▶ Instructions to follow
If a line in the data below contains "some", copy it.

(Provided entries Opens)

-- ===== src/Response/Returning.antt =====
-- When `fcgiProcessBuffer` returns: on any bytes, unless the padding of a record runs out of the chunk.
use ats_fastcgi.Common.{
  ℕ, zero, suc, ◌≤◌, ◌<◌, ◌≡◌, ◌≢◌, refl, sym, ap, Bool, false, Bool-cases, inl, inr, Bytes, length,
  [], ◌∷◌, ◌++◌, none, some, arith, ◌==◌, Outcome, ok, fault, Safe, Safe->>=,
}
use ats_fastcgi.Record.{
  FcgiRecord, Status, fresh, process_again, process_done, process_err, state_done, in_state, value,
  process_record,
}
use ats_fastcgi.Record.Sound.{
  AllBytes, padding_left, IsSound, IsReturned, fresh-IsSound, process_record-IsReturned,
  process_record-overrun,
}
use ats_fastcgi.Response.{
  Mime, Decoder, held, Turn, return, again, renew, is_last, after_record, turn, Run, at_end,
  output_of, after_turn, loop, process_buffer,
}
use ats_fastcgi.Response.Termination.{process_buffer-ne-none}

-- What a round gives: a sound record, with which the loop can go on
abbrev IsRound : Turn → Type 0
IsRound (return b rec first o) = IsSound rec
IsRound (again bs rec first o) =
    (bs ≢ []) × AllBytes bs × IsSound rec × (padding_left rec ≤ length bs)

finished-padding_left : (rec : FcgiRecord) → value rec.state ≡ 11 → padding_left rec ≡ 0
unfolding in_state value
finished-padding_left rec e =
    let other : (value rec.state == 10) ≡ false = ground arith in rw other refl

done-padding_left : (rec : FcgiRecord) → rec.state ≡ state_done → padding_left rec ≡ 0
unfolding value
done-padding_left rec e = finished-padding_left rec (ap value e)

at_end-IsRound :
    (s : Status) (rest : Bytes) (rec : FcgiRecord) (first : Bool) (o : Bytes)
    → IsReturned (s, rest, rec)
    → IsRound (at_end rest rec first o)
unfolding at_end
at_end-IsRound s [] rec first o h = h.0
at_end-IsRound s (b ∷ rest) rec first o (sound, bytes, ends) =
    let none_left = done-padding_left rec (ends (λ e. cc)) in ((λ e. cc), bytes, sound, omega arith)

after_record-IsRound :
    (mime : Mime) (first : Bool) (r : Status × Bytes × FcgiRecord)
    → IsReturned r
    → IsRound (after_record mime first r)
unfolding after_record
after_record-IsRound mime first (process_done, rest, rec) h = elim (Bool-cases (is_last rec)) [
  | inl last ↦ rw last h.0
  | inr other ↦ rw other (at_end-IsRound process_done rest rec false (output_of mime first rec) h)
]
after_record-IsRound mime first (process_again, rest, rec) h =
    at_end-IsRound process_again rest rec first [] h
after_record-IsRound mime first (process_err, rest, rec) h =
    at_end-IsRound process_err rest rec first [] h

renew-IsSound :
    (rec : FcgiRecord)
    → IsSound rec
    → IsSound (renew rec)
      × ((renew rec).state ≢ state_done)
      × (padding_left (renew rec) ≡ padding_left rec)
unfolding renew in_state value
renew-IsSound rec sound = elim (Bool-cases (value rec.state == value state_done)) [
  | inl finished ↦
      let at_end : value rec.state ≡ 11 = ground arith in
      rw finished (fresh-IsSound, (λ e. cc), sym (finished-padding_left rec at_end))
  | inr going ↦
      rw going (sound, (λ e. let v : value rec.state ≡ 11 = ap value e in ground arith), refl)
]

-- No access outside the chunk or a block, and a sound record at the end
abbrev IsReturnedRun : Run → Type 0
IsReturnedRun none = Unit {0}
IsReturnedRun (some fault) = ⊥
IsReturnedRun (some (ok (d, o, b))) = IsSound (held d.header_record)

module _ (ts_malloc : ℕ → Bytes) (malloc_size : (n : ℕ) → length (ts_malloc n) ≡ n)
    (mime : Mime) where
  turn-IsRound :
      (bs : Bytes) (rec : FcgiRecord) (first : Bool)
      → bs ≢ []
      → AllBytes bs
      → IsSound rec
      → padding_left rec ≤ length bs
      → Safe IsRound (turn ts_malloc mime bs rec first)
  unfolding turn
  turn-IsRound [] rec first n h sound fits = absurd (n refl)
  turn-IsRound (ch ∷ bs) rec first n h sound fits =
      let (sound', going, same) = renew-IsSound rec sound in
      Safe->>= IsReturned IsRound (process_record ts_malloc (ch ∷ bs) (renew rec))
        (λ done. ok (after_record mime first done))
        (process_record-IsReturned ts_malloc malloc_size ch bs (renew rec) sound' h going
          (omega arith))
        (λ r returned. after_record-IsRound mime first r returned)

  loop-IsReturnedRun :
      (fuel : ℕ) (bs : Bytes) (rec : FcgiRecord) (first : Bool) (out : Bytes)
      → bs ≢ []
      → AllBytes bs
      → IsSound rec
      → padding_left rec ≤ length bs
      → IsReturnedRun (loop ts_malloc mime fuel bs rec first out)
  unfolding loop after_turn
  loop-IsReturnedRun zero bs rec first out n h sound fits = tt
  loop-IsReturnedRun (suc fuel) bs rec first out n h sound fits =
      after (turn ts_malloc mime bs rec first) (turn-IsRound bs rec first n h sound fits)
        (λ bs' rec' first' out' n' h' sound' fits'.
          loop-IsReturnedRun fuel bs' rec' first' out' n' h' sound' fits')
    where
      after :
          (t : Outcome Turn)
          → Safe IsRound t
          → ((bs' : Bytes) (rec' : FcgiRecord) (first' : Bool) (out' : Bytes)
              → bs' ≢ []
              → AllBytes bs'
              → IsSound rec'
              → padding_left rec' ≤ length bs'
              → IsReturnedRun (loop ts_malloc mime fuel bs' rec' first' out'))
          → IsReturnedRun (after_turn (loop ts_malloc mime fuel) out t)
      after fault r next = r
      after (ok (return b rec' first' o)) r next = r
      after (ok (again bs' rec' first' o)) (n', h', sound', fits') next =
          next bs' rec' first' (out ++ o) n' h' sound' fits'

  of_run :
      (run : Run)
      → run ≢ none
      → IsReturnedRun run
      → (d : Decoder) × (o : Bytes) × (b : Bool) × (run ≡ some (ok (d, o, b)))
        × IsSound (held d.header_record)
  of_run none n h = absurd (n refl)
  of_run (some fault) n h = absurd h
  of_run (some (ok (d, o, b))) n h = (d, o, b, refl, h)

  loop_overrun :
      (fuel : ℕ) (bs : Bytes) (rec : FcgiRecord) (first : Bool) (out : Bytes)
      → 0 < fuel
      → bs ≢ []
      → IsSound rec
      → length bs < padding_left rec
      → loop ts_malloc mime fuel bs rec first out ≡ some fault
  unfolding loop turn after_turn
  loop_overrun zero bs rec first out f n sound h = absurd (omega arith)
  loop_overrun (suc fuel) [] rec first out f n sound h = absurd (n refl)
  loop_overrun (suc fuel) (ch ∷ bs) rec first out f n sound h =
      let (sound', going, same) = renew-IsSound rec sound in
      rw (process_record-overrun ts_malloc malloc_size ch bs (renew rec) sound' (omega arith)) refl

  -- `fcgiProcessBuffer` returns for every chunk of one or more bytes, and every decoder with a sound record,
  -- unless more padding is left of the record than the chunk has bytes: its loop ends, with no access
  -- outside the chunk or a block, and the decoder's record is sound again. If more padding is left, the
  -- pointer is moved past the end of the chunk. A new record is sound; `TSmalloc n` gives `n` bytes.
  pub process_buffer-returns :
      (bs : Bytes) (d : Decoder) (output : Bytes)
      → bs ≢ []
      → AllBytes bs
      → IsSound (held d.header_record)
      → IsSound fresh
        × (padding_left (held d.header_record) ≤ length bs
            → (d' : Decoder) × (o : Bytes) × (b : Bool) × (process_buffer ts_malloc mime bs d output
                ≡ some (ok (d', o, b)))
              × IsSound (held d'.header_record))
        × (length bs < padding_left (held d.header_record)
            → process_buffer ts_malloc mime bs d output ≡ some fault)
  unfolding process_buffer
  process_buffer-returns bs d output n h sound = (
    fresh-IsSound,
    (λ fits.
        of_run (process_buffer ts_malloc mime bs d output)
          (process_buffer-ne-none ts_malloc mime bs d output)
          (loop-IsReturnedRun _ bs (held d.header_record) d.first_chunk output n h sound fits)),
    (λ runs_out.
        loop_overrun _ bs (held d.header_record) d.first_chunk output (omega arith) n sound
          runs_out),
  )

(Provided entries Closes)

▶ Solution to the problem
  [], ◌∷◌, ◌++◌, none, some, arith, ◌==◌, Outcome, ok, fault, Safe, Safe->>=,
IsReturnedRun (some fault) = ⊥
IsReturnedRun (some (ok (d, o, b))) = IsSound (held d.header_record)
      → (d : Decoder) × (o : Bytes) × (b : Bool) × (run ≡ some (ok (d, o, b)))
  of_run (some fault) n h = absurd h
  of_run (some (ok (d, o, b))) n h = (d, o, b, refl, h)
      → loop ts_malloc mime fuel bs rec first out ≡ some fault
                ≡ some (ok (d', o, b)))
            → process_buffer ts_malloc mime bs d output ≡ some fault)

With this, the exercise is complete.